State Key Laboratory of Intelligent Control and Decision of Complex Systems, School of Automation, Beijing Institute of Technology, Beijing, China.
Department of Cardiology, The Second Medical Center, National Clinical Research Center for Geriatric Diseases, Chinese PLA General Hospital, Beijing, China.
BMC Med Inform Decis Mak. 2022 Jul 30;22(1):201. doi: 10.1186/s12911-022-01924-4.

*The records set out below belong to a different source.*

-- ===== src/State/Signed.antt =====
-- `from_signed` of src/state.rs.
use rand_verifier.Prelude.{ℕ, ◌≡◌, ◌^◌, ◌<◌, ◌&&◌, refl, arith, Bool-cases, inl, inr}
use rand_verifier.Prelude.Int.{ℤ, pos, ◌≤ℤ◌, leb_ℤ, ltb_ℤ}
use rand_verifier.Insn.Fields.{of_bits}
use rand_verifier.Tnum.{unknown}
use rand_verifier.Tnum.Members.{Contains, IsNormal, Contains-of_bits}
use rand_verifier.Word.Bits.{bit-zero, bit-complement, bit-le-one}
use rand_verifier.State.{i64_min, i64_max, unknown_bounds, signed_bounds, from_signed}
use rand_verifier.State.Sync.{Fits, InRanges, InBounds, synced-InBounds}

pub unknown-IsNormal : IsNormal unknown
unfolding unknown
unknown-IsNormal = record { value_fits = omega arith; mask_fits = omega arith; disjoint = refl }

pub unknown-Contains : (x : ℕ) → x < 2 ^ 64 → Contains unknown x
unfolding unknown
unknown-Contains x l =
    Contains-of_bits unknown x unknown-IsNormal l
      (λ i k. omega (arith, bit-complement 64 i 0 (omega arith) k, bit-zero i, bit-le-one i x))

module _ (low high : ℤ) (p : i64_min ≤ℤ low) (q : high ≤ℤ i64_max) where
  signed_bounds-InRanges :
      (x : ℕ)
      → x < 2 ^ 64
      → low ≤ℤ of_bits 64 x
      → of_bits 64 x ≤ℤ high
      → Fits (signed_bounds low high) × InRanges (signed_bounds low high) x
  unfolding signed_bounds unknown_bounds
  signed_bounds-InRanges x l v w = elim (Bool-cases (ltb_ℤ low (pos 0) && leb_ℤ (pos 0) high)) [
    | inl e ↦ rw (signed_bounds, e) (ground arith, ground arith)
    | inr e ↦ rw (signed_bounds, e) (ground arith, ground arith)
  ]

  signed_bounds-tnum : (signed_bounds low high).tnum ≡ unknown
  unfolding signed_bounds unknown_bounds
  signed_bounds-tnum = elim (Bool-cases (ltb_ℤ low (pos 0) && leb_ℤ (pos 0) high)) [
    | inl e ↦ rw (signed_bounds, e) refl
    | inr e ↦ rw (signed_bounds, e) refl
  ]

  -- For ends of i64, from_signed holds of every u64 whose signed value lies between the ends.
  pub from_signed-InBounds :
      (x : ℕ)
      → x < 2 ^ 64
      → low ≤ℤ of_bits 64 x
      → of_bits 64 x ≤ℤ high
      → InBounds (from_signed low high) x
  unfolding from_signed
  from_signed-InBounds x l v w =
      let (f, r) = signed_bounds-InRanges x l v w in
      synced-InBounds (signed_bounds low high) x f (rw signed_bounds-tnum unknown-IsNormal) r
        (rw signed_bounds-tnum (unknown-Contains x l))
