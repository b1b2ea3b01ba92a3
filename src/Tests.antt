-- ===== src/Tests.antt =====
-- Witnesses: the theorems at concrete inputs.
mod Intervals
mod Decoder
mod Flow
mod Graphs
mod Machine
mod Programs
mod Reductions
mod States
mod TrackedNumbers
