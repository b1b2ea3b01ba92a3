-- ===== src/Tests/Decoder.antt =====
-- The decoder and the encoder of src/insn.rs and src/fuzz/insn_lib.rs on small programs.
use rand_verifier.Prelude.{
  ℕ, ◌*◌, ◌<◌, ◌≡◌, ◌≢◌, refl, true, List, [], ◌∷◌, ◌++◌, some, none, ok, err, length, arith,
}
use rand_verifier.Prelude.Int.{pos, negsuc}
use rand_verifier.Insn.{add_imm, mov_imm, exit, ld_imm64, ld_imm64_second, neg, ld_mem, size_dw}
use rand_verifier.Insn.Opcode
use rand_verifier.Insn.Fields.{Fields}
use rand_verifier.Insn.Decode.{invalid_instruction_length, panicked}
use rand_verifier.Insn.Decode.Alu.{decode_alu}
use rand_verifier.Insn.Decode.Jump.{decode_exit}
use rand_verifier.Insn.Read.{read_fields}
use rand_verifier.Insn.Parse.{parse_insn, decode_fields, decode_op}
use rand_verifier.Insn.Encode.{encode, fields_of}
use rand_verifier.Insn.Program.{decode_program, parse_ldimm64}
use rand_verifier.Insn.Program.Slots.{decode_program-length, decode_program-error}
use rand_verifier.Insn.RoundTrip.{decodable}
use rand_verifier.Insn.RoundTrip.Bytes.{Fit, parse_insn-encode}
use rand_verifier.Insn.RoundTrip.Loose.{
  neg_fields, ld_dw_fields, decode_fields-neg, decode_fields-ld_dw,
}
use rand_verifier.Insn.NoPanic.{parse_insn-ne-panicked}

abbrev minus_eight : Fields
minus_eight = record { op = Opcode.add_imm; dst = 2; src = 0; offset = pos 0; imm = negsuc 7 }

minus_eight-Fit : Fit minus_eight
minus_eight-Fit = record {
  dst_fits = omega arith;
  src_fits = omega arith;
  offset_low = omega arith;
  offset_high = omega arith;
  imm_low = omega arith;
  imm_high = omega arith;
}

parse_insn-encode_example :
    (bytes : List ℕ) × (encode (add_imm 2 (negsuc 7)) ≡ some bytes)
    × (parse_insn bytes ≡ ok (add_imm 2 (negsuc 7)))
unfolding fields_of decodable
parse_insn-encode_example =
    parse_insn-encode (add_imm 2 (negsuc 7)) minus_eight refl refl minus_eight-Fit

-- `r0 = 0; exit`
abbrev return_zero_bytes : List ℕ
return_zero_bytes = 0xb7 ∷ 0 ∷ 0 ∷ 0 ∷ 0 ∷ 0 ∷ 0 ∷ 0 ∷ 0x95 ∷ 0 ∷ 0 ∷ 0 ∷ 0 ∷ 0 ∷ 0 ∷ 0 ∷ []

return_zero_decoded : decode_program return_zero_bytes ≡ ok (mov_imm 0 (pos 0) ∷ exit ∷ [])
unfolding decode_program parse_insn decode_op decode_alu decode_exit
return_zero_decoded = refl

decode_program-length_example :
    length return_zero_bytes ≡ 8 * length (mov_imm 0 (pos 0) ∷ exit ∷ [])
decode_program-length_example =
    decode_program-length return_zero_bytes (mov_imm 0 (pos 0) ∷ exit ∷ []) return_zero_decoded

-- An exit and one byte more.
abbrev cut_short : List ℕ
cut_short = 0x95 ∷ 0 ∷ 0 ∷ 0 ∷ 0 ∷ 0 ∷ 0 ∷ 0 ∷ 0xb7 ∷ []

cut_short-refused : decode_program cut_short ≡ err (1, invalid_instruction_length 1)
unfolding decode_program parse_insn decode_op decode_exit
cut_short-refused = refl

decode_program-error_example : 8 * 1 < length cut_short
decode_program-error_example =
    decode_program-error cut_short 1 (invalid_instruction_length 1) cut_short-refused

-- `r1 = 5`, an ldimm64, and `exit`.
abbrev wide_first : List ℕ
wide_first = 0x18 ∷ 1 ∷ 0 ∷ 0 ∷ 5 ∷ 0 ∷ 0 ∷ 0 ∷ []

abbrev wide_second : List ℕ
wide_second = 0 ∷ 0 ∷ 0 ∷ 0 ∷ 0 ∷ 0 ∷ 0 ∷ 0 ∷ []

abbrev exit_slot : List ℕ
exit_slot = 0x95 ∷ 0 ∷ 0 ∷ 0 ∷ 0 ∷ 0 ∷ 0 ∷ 0 ∷ []

abbrev wide_bytes : List ℕ
wide_bytes = wide_first ++ wide_second ++ exit_slot

wide_decoded : decode_program wide_bytes ≡ ok (ld_imm64 1 5 ∷ ld_imm64_second 0 ∷ exit ∷ [])
unfolding decode_program parse_insn parse_ldimm64 read_fields decode_op decode_exit
wide_decoded = refl

wide_parsed : parse_ldimm64 wide_first wide_second ≡ ok (ld_imm64 1 5)
unfolding parse_ldimm64 read_fields
wide_parsed = refl

-- A read behind the end of a slice is a panic.
read_fields-short : read_fields (0x95 ∷ 0 ∷ []) ≡ err panicked
unfolding read_fields
read_fields-short = refl

parse_insn-ne-panicked_example :
    (parse_insn exit_slot ≢ err panicked)
    × (parse_ldimm64 wide_first wide_second ≢ err panicked)
    × (decode_program wide_bytes ≢ err (2, panicked))
parse_insn-ne-panicked_example =
    parse_insn-ne-panicked exit_slot wide_first wide_second wide_bytes 2

decode_fields-neg_example :
    (decode_fields (neg_fields 3 (pos 5)) ≡ ok (neg 3))
    × (fields_of (neg 3) ≡ some (neg_fields 3 (pos 0)))
decode_fields-neg_example = decode_fields-neg 3 (pos 5) (omega arith)

decode_fields-ld_dw_example :
    (decode_fields (ld_dw_fields 3 10 (negsuc 7)) ≡ ok (ld_mem 3 10 (negsuc 7) size_dw true))
    × (encode (ld_mem 3 10 (negsuc 7) size_dw true) ≡ none)
decode_fields-ld_dw_example = decode_fields-ld_dw 3 10 (negsuc 7) (omega arith) (omega arith)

Named entity recognition (NER) is a key and fundamental part of many medical and clinical tasks, including the establishment of a medical knowledge graph, decision-making support, and question answering systems. When extracting entities from electronic health records (EHRs), NER models mostly apply long short-term memory (LSTM) and have surprising performance in clinical NER. However, increasing the depth of the network is often required by these LSTM-based models to capture long-distance dependencies. Therefore, these LSTM-based models that have achieved high accuracy generally require long training times and extensive training data, which has obstructed the adoption of LSTM-based models in clinical scenarios with limited training time.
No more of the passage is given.